The Justice Department took off the gloves in its latest volley against Apple and its refusal to comply with a court order to unlock a terrorist’s iPhone.
“Apple deliberately raised technological barriers that now stand between a lawful warrant and an iPhone containing evidence related to the terrorist mass murder of 14 Americans,” wrote attorneys for the DoJ on Thursday. “Apple alone can remove those barriers so that the FBI can search the phone and it can do so without undue burden.”
Apple and the DoJ have gone back and forth several times in respective court filings ahead of a March 22 hearing before Judge Sheri Pym. Pym is the federal magistrate who issued the original order last month compelling Apple to assist the FBI in unlocking San Bernardino shooter Syed Farook’s county-issued iPhone 5c.
Apple contends that the order places undue burden on the company and sets a dangerous precedent that can be used over and over in other cases and against other devices.
The Justice Department’s filing on Thursday was a no holds barred assault on each of Apple’s contentions to date, in particular its challenges of the FBI’s use of the 1789 All Writs Act to compel Apple to unlock the phone. Apple, the DoJ said, argues that the All Writs Act is archaic and that compliance with the court order opens the door to the equivalent of a police state.
“Apple’s rhetoric is not only false, but also corrosive of the very institutions that are best able to safeguard our liberty and our rights: the courts; the Fourth Amendment, longstanding precedent and venerable laws and the democratically elected branches of government,” the DoJ wrote.
Ed McAndrew of D.C. law firm Ballard Spahr, a former federal cybercrime prosecutor, said the aggressive and adversarial nature of the Justice Department’s tone is unusual.
“It’s really strong language and meant to express not just the government’s strength of position, but its sense of outrage over the position Apple has taken,” McAndrew said.
Today’s filing reiterated that the court order applies only to this one iPhone and in this one case, something that Apple has challenged from Day 1 when CEO Tim Cook defiantly refused to comply with the order.
The DoJ also showed precedent in the government’s use of the All Writs Act to compel New York Telephone in 1977 to assist with the installation of a pen register, a device that records phone numbers dialed from a particular phone. New York Telephone’s challenge was defeated and the DoJ said the company made similar arguments to Apple’s almost 40 years later, in particular Apple’s fear of the precedent a government victory here would set.
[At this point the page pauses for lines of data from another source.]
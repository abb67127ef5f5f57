-- ===== src/Registry/Entries.antt =====
-- src/migration_registry.rs: the ids of the entries.
use vibe_caravan.Prelude.{
  ℕ, ◌+◌, ◌%◌, ◌≡◌, ◌<◌, refl, false, Option, none, some, List, [], ◌∷◌, ◌++◌, map, arith, Text,
  text_eq, nat_eq, nat_beq, find, contains, IsNodup, IsNodup-concat, All, All-append, if◌then◌else◌,
}
use vibe_caravan.Registry.{
  MigrationStatus, MigrationEntry, MigrationRegistry, find_by_id, add_migration, new_entry,
  change_first,
}

abbrev ids_of : List MigrationEntry → List ℕ
ids_of ms = map (λ m. m.id) ms

-- The ids differ, and those to come are new.
pub record IsNumbered (r : MigrationRegistry) : Type 0 where
  pub differ : IsNodup (ids_of r.migrations)
  pub below : All (λ m. m.id < r.next_id) r.migrations

not_below :
    (ms : List MigrationEntry) (n : ℕ) → All (λ m. m.id < n) ms → contains (ids_of ms) n ≡ false
not_below [] n h = refl
not_below (m ∷ ms) n h = ground (arith, h.0, not_below ms n h.1)

below_more :
    (ms : List MigrationEntry) (n : ℕ) → All (λ m. m.id < n) ms → All (λ m. m.id < n + 1) ms
below_more [] n h = tt
below_more (m ∷ ms) n h = (omega (arith, h.0), below_more ms n h.1)

ids_of-append :
    (ms : List MigrationEntry) (m : MigrationEntry)
    → ids_of (ms ++ (m ∷ [])) ≡ ids_of ms ++ (m.id ∷ [])
ids_of-append [] m = refl
ids_of-append (x ∷ ms) m = rw (ids_of-append ms m) refl

find_new :
    (ms : List MigrationEntry) (m : MigrationEntry)
    → contains (ids_of ms) m.id ≡ false
    → find (λ x. nat_beq x.id m.id) (ms ++ (m ∷ [])) ≡ some m
find_new [] m h = ground arith
find_new (x ∷ ms) m h = ground (arith, find_new ms m, h)

find_old :
    (ms : List MigrationEntry) (m : MigrationEntry) (j : ℕ)
    → nat_beq m.id j ≡ false
    → find (λ x. nat_beq x.id j) (ms ++ (m ∷ [])) ≡ find (λ x. nat_beq x.id j) ms
find_old [] m j h = ground (arith, h)
find_old (x ∷ ms) m j h = ground (arith, find_old ms m j h)

-- In a registry whose ids differ and are below the next one, which is not the last `u64`, a new
-- migration gets an id that no entry has, its entry is found by it, every other id finds what it
-- found, and the ids of the new registry differ and are below the next one.
pub add_migration-IsNumbered :
    (now : ℕ) (r : MigrationRegistry) (source destination mode state_file : Text)
    → IsNumbered r
    → r.next_id + 1 < 18446744073709551616
    → let (id, r') = add_migration now r source destination mode state_file in
      (find_by_id r id ≡ none)
      × ((m : MigrationEntry) × (find_by_id r' id ≡ some m)
          × (m.source ≡ source)
          × (m.destination ≡ destination)
          × (m.status ≡ MigrationStatus.not_started))
      × ((j : ℕ) → nat_beq id j ≡ false → find_by_id r' j ≡ find_by_id r j)
      × IsNumbered r'
unfolding add_migration find_by_id
add_migration-IsNumbered now r source destination mode state_file n small =
    let wrapped : (r.next_id + 1) % 18446744073709551616 ≡ r.next_id + 1 = omega (arith, small) in
    let m = new_entry now r.next_id source destination mode state_file in
    let fresh = not_below r.migrations r.next_id n.below in
    (
      absent r.migrations r.next_id fresh,
      (m, find_new r.migrations m fresh, refl, refl, refl),
      λ j other. find_old r.migrations m j other,
      record {
        differ =
            rw (ids_of-append r.migrations m)
              (IsNodup-concat (ids_of r.migrations) r.next_id n.differ fresh);
        below = rw wrapped (
            All-append (λ x. x.id < r.next_id + 1) r.migrations (m ∷ [])
              (below_more r.migrations r.next_id n.below) (omega arith, tt));
      },
    )
  where
    absent :
        (ms : List MigrationEntry) (i : ℕ)
        → contains (ids_of ms) i ≡ false
        → find (λ x. nat_beq x.id i) ms ≡ none
    absent [] i h = refl
    absent (x ∷ ms) i h = ground (arith, absent ms i, h)

abbrev pub changed :
    (MigrationEntry → MigrationEntry) → Option MigrationEntry → Option MigrationEntry
changed f none = none
changed f (some m) = some (f m)

-- A change that keeps the id of an entry changes what its id finds, and nothing else.
pub find-change_first :
    (id j : ℕ) (f : MigrationEntry → MigrationEntry) (ms : List MigrationEntry)
    → ((m : MigrationEntry) → (f m).id ≡ m.id)
    → find (λ m. nat_beq m.id j) (change_first id f ms) ≡ (
        if nat_beq id j
        then changed f (find (λ m. nat_beq m.id j) ms)
        else find (λ m. nat_beq m.id j) ms)
find-change_first id j f [] h = ground arith
find-change_first id j f (m ∷ ms) h = ground (arith, find-change_first id j f ms h, h m)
“Apple demands that the Court should instead address the broad questions whether Apple should be required to unlock every iPhone in every instance, or whether Apple should be required to give the government the means to do so,” the DoJ attorneys wrote. “Those questions are not before this Court. Indeed, if Apple’s compliance with the AWA in a single case were sufficient to require it to comply in all cases, there would be no dispute here: Apple routinely complied with AWA orders in the past.”
Apple has been asked to build new iOS firmware that would disable or bypass security provisions in the operating system that prevent brute-force attacks against the passcode unlocking the phone; the phone automatically wipes itself after 10 missed guesses.
An amicus brief filed last Friday by a number of crypto experts, iOS researchers and forensics specialists argues that the custom version of iOS the FBI is after would be used on other iPhones in the future; it’s been uncovered that Apple has already received a dozen similar requests from law enforcement, and that New York County district attorney Cyrus Vance said his offices have 175 devices it would like unlocked.
“This spread increases the risk that the forensic software will escape Apple’s control either through theft, embezzlement, or order of another court, including a foreign government,” the brief says. “If that happens, the custom code could be used by criminals and governments to extract sensitive personal and business data from seized, lost, or stolen iPhones, or it could be reverse engineered, giving attackers a stepping stone on the path towards their goal of defeating Apple’s passcode security. Compelling Apple to create forensic software for the government is also dangerous due to any bugs the software might contain.”
In today’s filing, the DoJ said the court order does not mandate that Apple turn over the code, or explain to the government how it works. It argues that if Apple has mechanisms to secure its source code, it can equally keep the secrets behind the new firmware secure.
Also worrisome from the iOS experts’ point of view is that the firmware update would have to be cryptographically signed by Apple. This mechanism, the brief says, is an implied assurance to customers that Apple will not manipulate their devices and that the software is safe to run and cannot be turned into a FBI surveillance device.
“The Order would compel Apple to create new software that does not currently exist, to carry out a capability Apple does not presently have,” the brief says. “This is the first time any Court has ever publicly ordered a vendor to do something like this.”